Melissa Garff Ballard is an American politician and music educator who has been serving as a member of the Utah House of Representatives for the 20th district since January 1, 2019.

==Early life and education==
Melissa Garff Ballard was born and raised in Davis County, Utah, the daughter of politician, businessman, and religious leader Robert H. Garff. During her youth, Ballard lived in England for three years while her father was president of the England Coventry Mission for the Church of Jesus Christ of Latter-day Saints (LDS Church). Later, she attended the University of Utah, where she graduated with a bachelor's degree in Piano Performance and a Master of Music in Piano Performance and Accompanying.

== Career ==
Ballard was the Founding Chair of the University of Utah School of Music Advisory Board and Camarata Awards. She managed a professional piano studio for more than 23 years. She is a certified MTNA and released an album in 2020 with Centaur Records, collaborating with violinist David Park. Their album received the 2020 National Critic’s Choice Award from the American Record Guide. They performed in New York City's Carnegie Hall on October 13, 2023.

She served on the advisory board for Salt Lake CAP Head Start for six years.

==Political career==
Ballard was elected to the Utah House of Representatives in November 2018, after winning the Republican party nomination for the seat in a three-way race in June 2018. She was elected to the Utah House in November, after defeating Democrat Ryan L. Jones with 65% of the vote.

In 2019, Ballard sponsored a bill which would reform the Utah State Board of Education by (1) reducing the number of board members from 15 to 9; (2) having board members appointed by the governor and ratified by the senate, and eliminating popular elections to the board; (3) setting a two-term limit for board members; (4) reconstituting the board so it had one representative from each of Utah's congressional districts, one representative from charter schools, and four at-large representatives, instead of each board member representing a geographical district. The Education Committee voted against the bill 12–3.

In 2021, Ballard sponsored HB 223, Alternative Fuel Incentives Amendments, to create new tax credits for hydrogen vehicles in Utah. The bill passed the legislature and was signed by Governor Spencer J. Cox.

In the 2022 legislative session, Ballard was a member of the House Education and the House Transportation committees, and was House Vice Chair of the Higher Education Appropriations Subcommittee.

Her legislative service also includes being Chair of the Higher Education Appropriations, along with membership on the Public Education Standing, Transportation Standing, Criminal Justice and Law Enforcement Standing, Business and Labor Standing, and the Economic and Workforce Development Standing committees. She serves as Chair of the Education and Mental Health Commission, the Behavioral Crisis Response Commission, Chair of the Corrections and Higher Education Council, and Chair of the Utah Marriage Commission. She also serves on the Utah Education Commission, and the Western Interstate Commission for Higher Education.

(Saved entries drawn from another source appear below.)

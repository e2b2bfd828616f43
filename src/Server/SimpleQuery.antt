-- ===== src/Server/SimpleQuery.antt =====
-- `PyServerSimpleQueryHandler` of src/server.rs, and `do_query_on` of src/query.rs.
use pywire.Base.{
  ◌≡◌, refl, sym, ap, ◌∙◌, Bool, true, false, Option, none, some, List, [], ◌∷◌, map, String,
  if◌then◌else◌, inl, inr, Bool-cases,
}
use pywire.Error.PgWire.{not_ready_for_query}
use pywire.Query.Response.{Py, PyResponse}
use pywire.Query.Response.Convert.{Response, into_pg, is_transaction_end}
use pywire.Extended.State.{Call, Client, PortalStore, IsStore, World}
use pywire.Extended.Action.{
  Ending, done, failed, panicked, Action, pure, fail, ◌>>=◌, ◌>>◌, lift_py, call_method,
}
use pywire.Extended.Close.{close_all_portals, close_statement, drop_portal}
use pywire.Extended.Handlers.{is_idle, close_if_idle}
use pywire.Extended.Invariant.{Inv, Post, bind_post}
use pywire.Extended.Invariant.Drop.{Dropped, drop_portal_post}
use pywire.Extended.Invariant.CloseAll.{Emptied, close_all_portals_post}
use pywire.Extended.Invariant.Forget.Statement.{Closed, close_statement_post}
use pywire.Extended.Invariant.Sync.{NoPortals, Synced, close_if_idle_post}
use pywire.Extended.Invariant.Query.{call_post, lift_py_post}

abbrev pub any_transaction_end : List Response → Bool
any_transaction_end [] = false
any_transaction_end (r ∷ rs) = if is_transaction_end r then true else any_transaction_end rs

-- `inner` is the object that the server was started with; `on_query_default` is pgwire's `_on_query`,
-- which gets `do_query` to call.
module _ {Store : Type 0} (store : PortalStore Store) (w : World) (handler : Option Py) (inner : Py)
    (on_query_default : (String → Action Store (List Response)) → String → Action Store Unit) where
  instance_or_inner : Option Py → Py
  instance_or_inner none = inner
  instance_or_inner (some i) = i

  -- `do_query_on`, on the session's object or on `inner`.
  unfoldable pub do_query_on : String → Action Store (List PyResponse)
  unfolding call_method instance_or_inner
  do_query_on query c =
      (do
        result ← call_method w (Call.do_query_text (instance_or_inner c.session_ref) query)
        lift_py (w.get_responses result))
        c

  unfoldable pub after_responses : List Response → Action Store (List Response)
  unfolding close_all_portals
  after_responses responses c =
      if any_transaction_end responses
      then (do close_all_portals store w handler; pure responses) c
      else (pure responses) c

  -- `do_query`.
  unfoldable pub do_query : String → Action Store (List Response)
  unfolding do_query_on after_responses into_pg
  do_query query = do
    py_responses ← do_query_on query
    after_responses (map (into_pg w.types) py_responses)

  -- `result` at the end of `on_query`.
  unfoldable pub give_back : Ending (Unit {0}) → Action Store Unit
  give_back (done a) c = (done a, c)
  give_back (failed e) c = (failed e, c)
  give_back panicked c = (panicked, c)

  unfoldable pub close_behind : Ending (Unit {0}) × Client Store → Ending (Unit {0}) × Client Store
  unfolding close_if_idle give_back
  close_behind (done a, c) = (close_if_idle store w handler >> give_back (done a)) c
  close_behind (failed e, c) = (close_if_idle store w handler >> give_back (failed e)) c
  close_behind (panicked, c) = (panicked, c)

  -- What `on_query` does once the unnamed portal and statement are closed.
  unfoldable pub run_query : String → Action Store Unit
  unfolding do_query close_behind
  run_query query c = close_behind (on_query_default do_query query c)

  -- `on_query`.
  unfoldable pub on_query : String → Action Store Unit
  unfolding drop_portal close_statement run_query
  on_query query c =
      if c.ready
      then (drop_portal store w handler w.default_name
            >> (close_statement store w handler w.default_name >> run_query query))
          c
      else (fail not_ready_for_query) c

  module _ (laws : IsStore store) where
    abbrev I : Client Store → Type 0
    I = Inv store w handler

    -- pgwire's `_on_query` changes the connection through `do_query`, and else only its status, its
    -- state and what is sent: what these do not touch and `do_query` keeps, it keeps.
    abbrev pub KeepsWhatQueriesKeep : Type 0
    KeepsWhatQueriesKeep =
        (do_query' : String → Action Store (List Response))
        → ((q : String) (c : Client Store)
            → Inv store w handler c
            → Post I (λ (_ : List Response) d. Inv store w handler d) (do_query' q c))
        → (q : String) (c : Client Store) → Inv store w handler c
        → Post I (λ (_ : Unit {0}) d. Inv store w handler d) (on_query_default do_query' q c)

    do_query_on_post :
        (q : String) (c : Client Store)
        → Inv store w handler c
        → Post I (λ (_ : List PyResponse) d. Inv store w handler d) (do_query_on q c)
    unfolding do_query_on
    do_query_on_post q c inv =
        bind_post I (λ (_ : Py) d. Inv store w handler d)
          (λ (_ : List PyResponse) d. Inv store w handler d)
          (call_method w (Call.do_query_text (instance_or_inner c.session_ref) q))
          (λ result. lift_py (w.get_responses result)) c
          (call_post store laws w handler (Call.do_query_text (instance_or_inner c.session_ref) q) c
            inv (λ r j live. refl) (λ r j live. refl))
          (λ result d inv'. lift_py_post store laws w handler (w.get_responses result) d inv')

    after_responses_post :
        (rs : List Response) (c : Client Store)
        → Inv store w handler c
        → Post I (λ (_ : List Response) d. Inv store w handler d) (after_responses rs c)
    unfolding after_responses
    after_responses_post rs c inv = elim (Bool-cases (any_transaction_end rs)) [
      | inr e ↦ rw e inv
      | inl e ↦ rw e (
          bind_post I (λ _ d. Emptied store laws w handler c d)
            (λ (_ : List Response) d. Inv store w handler d) (close_all_portals store w handler)
            (λ _. pure rs) c (close_all_portals_post store laws w handler c inv) (λ _ d p. p.inv))
    ]

    do_query_post :
        (q : String) (c : Client Store)
        → Inv store w handler c
        → Post I (λ (_ : List Response) d. Inv store w handler d) (do_query q c)
    unfolding do_query
    do_query_post q c inv =
        bind_post I (λ (_ : List PyResponse) d. Inv store w handler d)
          (λ (_ : List Response) d. Inv store w handler d) (do_query_on q)
          (λ rs. after_responses (map (into_pg w.types) rs)) c (do_query_on_post q c inv)
          (λ rs d inv'. after_responses_post (map (into_pg w.types) rs) d inv')

    -- Behind a query no portal is open unless a transaction is.
    abbrev pub Tidy : Client Store → Type 0
    Tidy d = Inv store w handler d × (is_idle d.status ≡ true → NoPortals store laws w handler d)

    tidy : (c d : Client Store) → Synced store laws w handler c d → Tidy d
    tidy c d p = (p.inv_after, λ e. p.closed (ap is_idle (sym p.status) ∙ e))

    close_behind_post :
        (r : Ending (Unit {0}) × Client Store)
        → Post I (λ (_ : Unit {0}) d. Inv store w handler d) r
        → Post I (λ (_ : Unit {0}) d. Tidy d) (close_behind r)
    unfolding close_behind give_back
    close_behind_post (panicked, c) h = h
    close_behind_post (done a, c) h =
        bind_post I (λ _ d. Synced store laws w handler c d × (d.sent ≡ c.sent))
          (λ (_ : Unit {0}) d. Tidy d) (close_if_idle store w handler) (λ _. give_back (done a)) c
          (close_if_idle_post store laws w handler c h) (λ _ d p. tidy c d p.0)
    close_behind_post (failed e, c) h =
        bind_post I (λ _ d. Synced store laws w handler c d × (d.sent ≡ c.sent))
          (λ (_ : Unit {0}) d. Tidy d) (close_if_idle store w handler) (λ _. give_back (failed e)) c
          (close_if_idle_post store laws w handler c h) (λ _ d p. p.0.inv_after)

    run_query_post :
        (q : String) (c : Client Store)
        → KeepsWhatQueriesKeep
        → Inv store w handler c
        → Post I (λ (_ : Unit {0}) d. Tidy d) (run_query q c)
    unfolding run_query
    run_query_post q c keeps inv =
        close_behind_post (on_query_default do_query q c) (keeps do_query do_query_post q c inv)

    answered_post :
        (q : String) (c : Client Store)
        → KeepsWhatQueriesKeep
        → Inv store w handler c
        → Post I
            (λ (_ : Unit {0}) d. Tidy d)
            ((drop_portal store w handler w.default_name
                >> (close_statement store w handler w.default_name >> run_query q))
              c)
    answered_post q c keeps inv =
        bind_post I (λ _ d. Dropped store laws w handler w.default_name c d)
          (λ (_ : Unit {0}) d. Tidy d) (drop_portal store w handler w.default_name)
          (λ _. close_statement store w handler w.default_name >> run_query q) c
          (drop_portal_post store laws w handler w.default_name c inv)
          (λ _ d p.
            bind_post I (λ _ x. Closed store laws w handler w.default_name d x)
              (λ (_ : Unit {0}) x. Tidy x) (close_statement store w handler w.default_name)
              (λ _. run_query q) d
              (close_statement_post store laws w handler w.default_name d p.inv)
              (λ _ x r. run_query_post q x keeps r.inv_after))

    -- A simple query keeps the invariant of the tables on every path and does not panic; when it
    -- returns and no transaction is open, no portal is left, in the tables or in pgwire's store.
    pub on_query-Tidy :
        (q : String) (c : Client Store)
        → KeepsWhatQueriesKeep
        → Inv store w handler c
        → Post I (λ (_ : Unit {0}) d. Tidy d) (on_query q c)
    unfolding on_query
    on_query-Tidy q c keeps inv = by_ready c.ready
      where
        by_ready :
            (b : Bool)
            → Post I
                (λ (_ : Unit {0}) d. Tidy d)
                (if b
                  then (drop_portal store w handler w.default_name
                        >> (close_statement store w handler w.default_name >> run_query q))
                      c
                  else (failed not_ready_for_query, c))
        by_ready true = answered_post q c keeps inv
        by_ready false = inv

She has worked to improve government efficiencies, prison reform, conservative energy policy.

== Personal life ==
Ballard lives in North Salt Lake, Utah. She is a member of the LDS Church and served with her husband, Craig Ballard, when he was president of the Oregon Portland Mission from 2014 to 2017. Her husband is the son of M. Russell Ballard, the former acting president of the LDS Church's Quorum of the Twelve Apostles. Ballard and her husband are the parents of six children.

Ballard's father, Robert Garff, died on March 29, 2020, of COVID-19.